Collected data entries
====
-- ===== src/Kernel/Reconcile/Run/Removals.antt =====
-- Where the removal steps of `Reconcile` come from.
use mathlib.Core.List.{append_assoc, append-nil}
use index_core.Base.{
  Str, contains, ℕ, ◌≡◌, refl, sym, ap, ◌∙◌, any, str_eq, ◌||◌, Bool, true, false, ◌&&◌, not, List,
  [], ◌∷◌, ◌++◌, map, select, All, All-append, if◌then◌else◌, arith,
}
use index_core.Domain.Enums.{AcceptanceState, is_present, is_complete, is_failed}
use index_core.Domain.Entities.{SnapshotEntry}
use index_core.Kernel.Reconcile.Types.{
  Config, PriorResource, Kind, missing_evidence, removal_candidate, confirm_removed, rename, move,
  Transition, Result, empty_result,
}
use index_core.Kernel.Reconcile.Index.{PriorIndex}
use index_core.Kernel.Reconcile.Index.Lookup.{index_of}
use index_core.Kernel.Reconcile.Resolve.{
  IdentityResolution, matched, new_resource, unresolved, resolve,
}
use index_core.Kernel.Reconcile.Resolve
use index_core.Kernel.Reconcile.Missing.{missing_transition}
use index_core.Kernel.Reconcile.Run.{
  reset_transition, path_transition, update_transition, unchanged_transition, add_transition,
  conflict_transition, mark_mutated, reset_evidence, change_path, change_attributes,
  leave_unchanged, change, apply_matched, RunState, add_resource, add_conflict, take_resolution,
  take_entries, miss, take_missing, observe_entries, reconcile,
}

-- The kinds that write removal evidence or a tombstone.
abbrev pub is_removal_step : Kind → Bool
is_removal_step missing_evidence = true
is_removal_step removal_candidate = true
is_removal_step confirm_removed = true
is_removal_step _ = false

abbrev pub NoRemovalStep : Transition → Type 0
NoRemovalStep t = is_removal_step t.kind ≡ false

abbrev NoRemovals : Result → Type 0
NoRemovals res = All NoRemovalStep res.transitions

snoc :
    (ts : List Transition) (t : Transition)
    → NoRemovalStep t
    → All NoRemovalStep ts
    → All NoRemovalStep (ts ++ t ∷ [])
snoc ts t h all = All-append NoRemovalStep ts (t ∷ []) all (h, tt)

module _ (p : PriorResource) (e : SnapshotEntry) where
  reset_evidence-NoRemovals : (res : Result) → NoRemovals res → NoRemovals (reset_evidence p res)
  unfolding reset_evidence
  reset_evidence-NoRemovals res h = ground (arith, snoc res.transitions (reset_transition p) refl h)

  change_path-NoRemovals : (res : Result) → NoRemovals res → NoRemovals (change_path p e res)
  unfolding change_path
  change_path-NoRemovals res h = ground (
    arith,
    snoc res.transitions (path_transition move p e) refl h,
    snoc res.transitions (path_transition rename p e) refl h,
  )

  change_attributes-NoRemovals :
      (res : Result) → NoRemovals res → NoRemovals (change_attributes p e res)
  unfolding change_attributes
  change_attributes-NoRemovals res h = snoc res.transitions (update_transition p e) refl h

  change-NoRemovals : (res : Result) → NoRemovals res → NoRemovals (change p e res)
  unfolding change
  change-NoRemovals res h =
      let moved = change_path-NoRemovals (mark_mutated res) h in
      ground (
        arith,
        moved,
        change_attributes-NoRemovals (mark_mutated res) h,
        change_attributes-NoRemovals (change_path p e (mark_mutated res)) moved,
      )

  apply_matched-NoRemovals : (res : Result) → NoRemovals res → NoRemovals (apply_matched p e res)
  unfolding apply_matched leave_unchanged
  apply_matched-NoRemovals res h =
      let seen = reset_evidence-NoRemovals res h in
      ground (
        arith,
        snoc (reset_evidence p res).transitions (unchanged_transition p e) refl seen,
        change-NoRemovals (reset_evidence p res) seen,
      )

take_resolution-NoRemovals :
    (cfg : Config) (e : SnapshotEntry) (s : RunState) (r : IdentityResolution)
    → NoRemovals s.result
    → NoRemovals (take_resolution cfg e s r).result
unfolding take_resolution add_resource add_conflict
take_resolution-NoRemovals cfg e s (matched p reason) h = apply_matched-NoRemovals p e s.result h
take_resolution-NoRemovals cfg e s (new_resource reason) h =
    snoc s.result.transitions (add_transition (cfg.new_id s.ids) e reason) refl h
take_resolution-NoRemovals cfg e s (unresolved reason) h =
    snoc s.result.transitions (conflict_transition e reason) refl h
take_resolution-NoRemovals cfg e s (Resolve.conflict reason) h =
    snoc s.result.transitions (conflict_transition e reason) refl h

take_entries-NoRemovals :
    (ix : PriorIndex) (cfg : Config) (now : ℕ) (s : RunState) (es : List SnapshotEntry)
    → NoRemovals s.result
    → NoRemovals (take_entries ix cfg now s es).result
unfolding take_entries
take_entries-NoRemovals ix cfg now s [] h = h
take_entries-NoRemovals ix cfg now s (e ∷ es) h =
    take_entries-NoRemovals ix cfg now (take_resolution cfg e s (resolve ix e cfg now)) es
      (take_resolution-NoRemovals cfg e s (resolve ix e cfg now) h)

pub observe_entries-no_removal :
    (prior : List PriorResource) (entries : List SnapshotEntry) (cfg : Config) (now : ℕ)
    → All NoRemovalStep (observe_entries prior entries cfg now).result.transitions
unfolding observe_entries
observe_entries-no_removal prior entries cfg now = take_entries-NoRemovals _ cfg now _ entries tt

-- `Reconcile` under any verdict but COMPLETE writes no removal evidence and removes nothing.
pub reconcile-no_removal :
    (prior : List PriorResource) (entries : List SnapshotEntry) (acceptance : AcceptanceState)
    (cfg : Config) (now : ℕ) (snapshot_id : Str)
    → is_complete acceptance ≡ false
    → All
        (λ t. is_removal_step t.kind ≡ false)
        (reconcile prior entries acceptance cfg now snapshot_id).transitions
unfolding reconcile
reconcile-no_removal prior entries acceptance cfg now snapshot_id h =
    rw h
      (elim (is_failed acceptance)
        as (λ b.
          NoRemovals (if b then empty_result else (observe_entries prior entries cfg now).result)) [
            | true ↦ tt
            | false ↦ observe_entries-no_removal prior entries cfg now
          ])

-- PRESENT, and not taken for an entry.
abbrev pub is_missed : List Str → PriorResource → Bool
is_missed observed p = is_present p.resource_presence && not (contains observed p.resource_id)

take_missing-transitions :
    (cfg : Config) (now : ℕ) (snapshot_id : Str) (observed : List Str) (ps : List PriorResource)
    (res : Result)
    → (take_missing cfg now snapshot_id observed ps res).transitions
      ≡ res.transitions
        ++ map (λ p. missing_transition p cfg now snapshot_id) (select (is_missed observed) ps)
unfolding take_missing miss select
take_missing-transitions cfg now snapshot_id observed [] res = sym (append-nil res.transitions)
take_missing-transitions cfg now snapshot_id observed (p ∷ ps) res =
    let rest =
      map (λ q. missing_transition q cfg now snapshot_id) (select (is_missed observed) ps) in
    ground (
      arith,
      take_missing-transitions cfg now snapshot_id observed ps res,
      take_missing-transitions cfg now snapshot_id observed ps (miss cfg now snapshot_id p res),
      append_assoc res.transitions (missing_transition p cfg now snapshot_id ∷ []) rest,
    )

-- Some entry resolves to the resource.
abbrev pub is_match_of : Str → IdentityResolution → Bool
is_match_of id (matched p reason) = str_eq p.resource_id id
is_match_of id _ = false

abbrev pub is_matched : List PriorResource → List SnapshotEntry → Config → ℕ → Str → Bool
is_matched prior entries cfg now id =
    any (λ e. is_match_of id (resolve (index_of prior entries) e cfg now)) entries

take_resolution-observed :
    (cfg : Config) (e : SnapshotEntry) (s : RunState) (r : IdentityResolution) (id : Str)
    → contains (take_resolution cfg e s r).observed id
      ≡ (is_match_of id r || contains s.observed id)
unfolding take_resolution contains
take_resolution-observed cfg e s (matched p reason) id = refl
take_resolution-observed cfg e s (new_resource reason) id = refl
take_resolution-observed cfg e s (unresolved reason) id = refl
take_resolution-observed cfg e s (Resolve.conflict reason) id = refl

take_entries-observed :
    (ix : PriorIndex) (cfg : Config) (now : ℕ) (s : RunState) (es : List SnapshotEntry) (id : Str)
    → contains (take_entries ix cfg now s es).observed id
      ≡ (any (λ e. is_match_of id (resolve ix e cfg now)) es || contains s.observed id)
unfolding take_entries any
take_entries-observed ix cfg now s [] id = refl
take_entries-observed ix cfg now s (e ∷ es) id =
    let r = resolve ix e cfg now in
    take_entries-observed ix cfg now (take_resolution cfg e s r) es id
    ∙ ground (arith, take_resolution-observed cfg e s r id)

observe_entries-observed :
    (prior : List PriorResource) (entries : List SnapshotEntry) (cfg : Config) (now : ℕ) (id : Str)
    → contains (observe_entries prior entries cfg now).observed id
      ≡ is_matched prior entries cfg now id
unfolding observe_entries contains
observe_entries-observed prior entries cfg now id =
    take_entries-observed (index_of prior entries) cfg now _ entries id ∙ ground arith

select-ext {ℓ} :
    {A : Type ℓ} (p q : A → Bool) (xs : List A) → ((x : A) → p x ≡ q x) → select p xs ≡ select q xs
unfolding select
select-ext p q [] h = refl
select-ext p q (x ∷ xs) h = ground (arith, h x, select-ext p q xs h)

-- What the loop over the missing resources emits, by the loop's own variable.
pub reconcile-missed :
    (prior : List PriorResource) (entries : List SnapshotEntry) (cfg : Config) (now : ℕ)
    (snapshot_id : Str)
    → let s = observe_entries prior entries cfg now in
      (reconcile prior entries AcceptanceState.complete cfg now snapshot_id).transitions
      ≡ s.result.transitions
        ++ map (λ p. missing_transition p cfg now snapshot_id) (select (is_missed s.observed) prior)
unfolding reconcile
reconcile-missed prior entries cfg now snapshot_id =
    let s = observe_entries prior entries cfg now in
    take_missing-transitions cfg now snapshot_id s.observed prior s.result

-- A COMPLETE snapshot first emits what its entries say, with no removal step among it, and then
-- exactly one step of removal evidence for each PRESENT resource that no entry resolves to, in the
-- order of the inventory.
pub reconcile-complete :
    (prior : List PriorResource) (entries : List SnapshotEntry) (cfg : Config) (now : ℕ)
    (snapshot_id : Str)
    → let s = observe_entries prior entries cfg now in
      All (λ t. is_removal_step t.kind ≡ false) s.result.transitions
      × ((reconcile prior entries AcceptanceState.complete cfg now snapshot_id).transitions
          ≡ s.result.transitions
            ++ map
                (λ p. missing_transition p cfg now snapshot_id)
                (select
                  (λ p.
                    is_present p.resource_presence
                    && not (is_matched prior entries cfg now p.resource_id))
                  prior))
reconcile-complete prior entries cfg now snapshot_id =
    let s = observe_entries prior entries cfg now in
    (
      observe_entries-no_removal prior entries cfg now,
      reconcile-missed prior entries cfg now snapshot_id
          ∙ ap
              (λ ps. s.result.transitions ++ map (λ p. missing_transition p cfg now snapshot_id) ps)
              (select-ext (is_missed s.observed) _ prior (λ p.
                ap (λ b. is_present p.resource_presence && not b)
                  (observe_entries-observed prior entries cfg now p.resource_id))),
    )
====
DESCRIPTION OF THE TASK – Tally the lines of the data that hold the string "select". Answer with the number and nothing more.

SOLUTION FOR THIS TASK – 12